[Exercise aim] Return the records below word for word.

── Source data

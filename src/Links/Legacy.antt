-- ===== src/Links/Legacy.antt =====
-- Links of the first generation and emoji links: services/url_service.py, `resolve`, against what
-- services/public_link_resolver.py, `v1_is_expired`, says of the same document.
use spoo.Base.{
  ℕ, ◌*◌, ◌%◌, String, ◌≡◌, ◌↔◌, refl, Bool, false, ◌&&◌, Option, none, some, inl, inr, arith,
  Bool-cases, leb, ok,
}
use spoo.Links.{LegacyUrlDoc, v1, emoji, Stamp}
use spoo.Links.Cached.{legacy_doc_to_cache, v1_is_expired, legacy_expiration}
use spoo.Links.Resolve.{Deployment, Site, resolved, check_live}

-- The stored date, if any, is of a whole second.
abbrev pub IsWhole : LegacyUrlDoc → Type 0
IsWhole d = (t : Stamp) → d.expiration_time ≡ some t → t.at % 1000 ≡ 0

-- The clicks and the date of `v1_is_expired`.
abbrev limit_reached : LegacyUrlDoc → Bool
limit_reached d = elim d.max_clicks [ none ↦ false | some m ↦ leb m d.total_clicks ]

abbrev past : Option Stamp → ℕ → Bool
past none now = false
past (some t) now = t.aware && leb t.at now

abbrev past_cached : Option ℕ → ℕ → Bool
past_cached none now = false
past_cached (some t) now = leb (t * 1000) now

past-cached :
    (o : Option Stamp) (now : ℕ)
    → ((t : Stamp) → o ≡ some t → t.at % 1000 ≡ 0)
    → past_cached (legacy_expiration o) now ≡ past o now
past-cached none now whole = refl
past-cached (some t) now whole = elim (Bool-cases t.aware) [
  | inl aware ↦ ground (arith, aware, whole t refl)
  | inr naive ↦ ground (arith, naive)
]

module _ (app : Deployment) where
  open app use {system_domain}

  -- A v1 link that was found and is not blocked, with a date of whole seconds if it has one, is
  -- served exactly if the public pages do not call it expired.
  pub resolved-v1_is_expired :
      (code : String) (d : LegacyUrlDoc) (now : ℕ) (s : Site app)
      → d.blocked ≡ false
      → IsWhole d
      → ((resolved app (some (legacy_doc_to_cache code d system_domain v1), v1) code now s).0
          ≡ ok (legacy_doc_to_cache code d system_domain v1, v1))
        ↔ (v1_is_expired d now ≡ false)
  unfolding resolved check_live legacy_doc_to_cache
  resolved-v1_is_expired code d now s open_ whole =
      let same = past-cached d.expiration_time now whole in
      elim (Bool-cases (limit_reached d)) [
        | inl reached ↦ ground (arith, open_, reached)
        | inr free ↦ elim (Bool-cases (past d.expiration_time now)) [
          | inl over ↦ ground (arith, open_, free, over, same)
          | inr before_end ↦ ground (arith, open_, free, before_end, same)
        ]
      ]

  -- An emoji link that was found, is not blocked and has no date is served whatever its limit of
  -- clicks and its clicks are, also where the public pages call it expired.
  pub resolved-emoji :
      (code : String) (d : LegacyUrlDoc) (now : ℕ) (s : Site app)
      → d.blocked ≡ false
      → d.expiration_time ≡ none
      → (resolved app (some (legacy_doc_to_cache code d system_domain emoji), emoji) code now s).0
        ≡ ok (legacy_doc_to_cache code d system_domain emoji, emoji)
  unfolding resolved check_live legacy_doc_to_cache
  resolved-emoji code d now s open_ undated = ground (arith, open_, undated)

────

[Reply to the task]
filename src/Links/Legacy.antt
-- ===== src/Links/Legacy.antt =====
-- Links of the first generation and emoji links: services/url_service.py, `resolve`, against what
-- services/public_link_resolver.py, `v1_is_expired`, says of the same document.
use spoo.Base.{
  ℕ, ◌*◌, ◌%◌, String, ◌≡◌, ◌↔◌, refl, Bool, false, ◌&&◌, Option, none, some, inl, inr, arith,
  Bool-cases, leb, ok,
}
use spoo.Links.{LegacyUrlDoc, v1, emoji, Stamp}
use spoo.Links.Cached.{legacy_doc_to_cache, v1_is_expired, legacy_expiration}
use spoo.Links.Resolve.{Deployment, Site, resolved, check_live}

-- The stored date, if any, is of a whole second.
abbrev pub IsWhole : LegacyUrlDoc → Type 0
IsWhole d = (t : Stamp) → d.expiration_time ≡ some t → t.at % 1000 ≡ 0

-- The clicks and the date of `v1_is_expired`.
abbrev limit_reached : LegacyUrlDoc → Bool
limit_reached d = elim d.max_clicks [ none ↦ false | some m ↦ leb m d.total_clicks ]

abbrev past : Option Stamp → ℕ → Bool
past none now = false
past (some t) now = t.aware && leb t.at now

abbrev past_cached : Option ℕ → ℕ → Bool
past_cached none now = false
past_cached (some t) now = leb (t * 1000) now

past-cached :
    (o : Option Stamp) (now : ℕ)
    → ((t : Stamp) → o ≡ some t → t.at % 1000 ≡ 0)
    → past_cached (legacy_expiration o) now ≡ past o now
past-cached none now whole = refl
past-cached (some t) now whole = elim (Bool-cases t.aware) [
  | inl aware ↦ ground (arith, aware, whole t refl)
  | inr naive ↦ ground (arith, naive)
]

module _ (app : Deployment) where
  open app use {system_domain}

  -- A v1 link that was found and is not blocked, with a date of whole seconds if it has one, is
  -- served exactly if the public pages do not call it expired.
  pub resolved-v1_is_expired :
      (code : String) (d : LegacyUrlDoc) (now : ℕ) (s : Site app)
      → d.blocked ≡ false
      → IsWhole d
      → ((resolved app (some (legacy_doc_to_cache code d system_domain v1), v1) code now s).0
          ≡ ok (legacy_doc_to_cache code d system_domain v1, v1))
        ↔ (v1_is_expired d now ≡ false)
  unfolding resolved check_live legacy_doc_to_cache
  resolved-v1_is_expired code d now s open_ whole =
      let same = past-cached d.expiration_time now whole in
      elim (Bool-cases (limit_reached d)) [
        | inl reached ↦ ground (arith, open_, reached)
        | inr free ↦ elim (Bool-cases (past d.expiration_time now)) [
          | inl over ↦ ground (arith, open_, free, over, same)
          | inr before_end ↦ ground (arith, open_, free, before_end, same)
        ]
      ]

  -- An emoji link that was found, is not blocked and has no date is served whatever its limit of
  -- clicks and its clicks are, also where the public pages call it expired.
  pub resolved-emoji :
      (code : String) (d : LegacyUrlDoc) (now : ℕ) (s : Site app)
      → d.blocked ≡ false
      → d.expiration_time ≡ none
      → (resolved app (some (legacy_doc_to_cache code d system_domain emoji), emoji) code now s).0
        ≡ ok (legacy_doc_to_cache code d system_domain emoji, emoji)
  unfolding resolved check_live legacy_doc_to_cache
  resolved-emoji code d now s open_ undated = ground (arith, open_, undated)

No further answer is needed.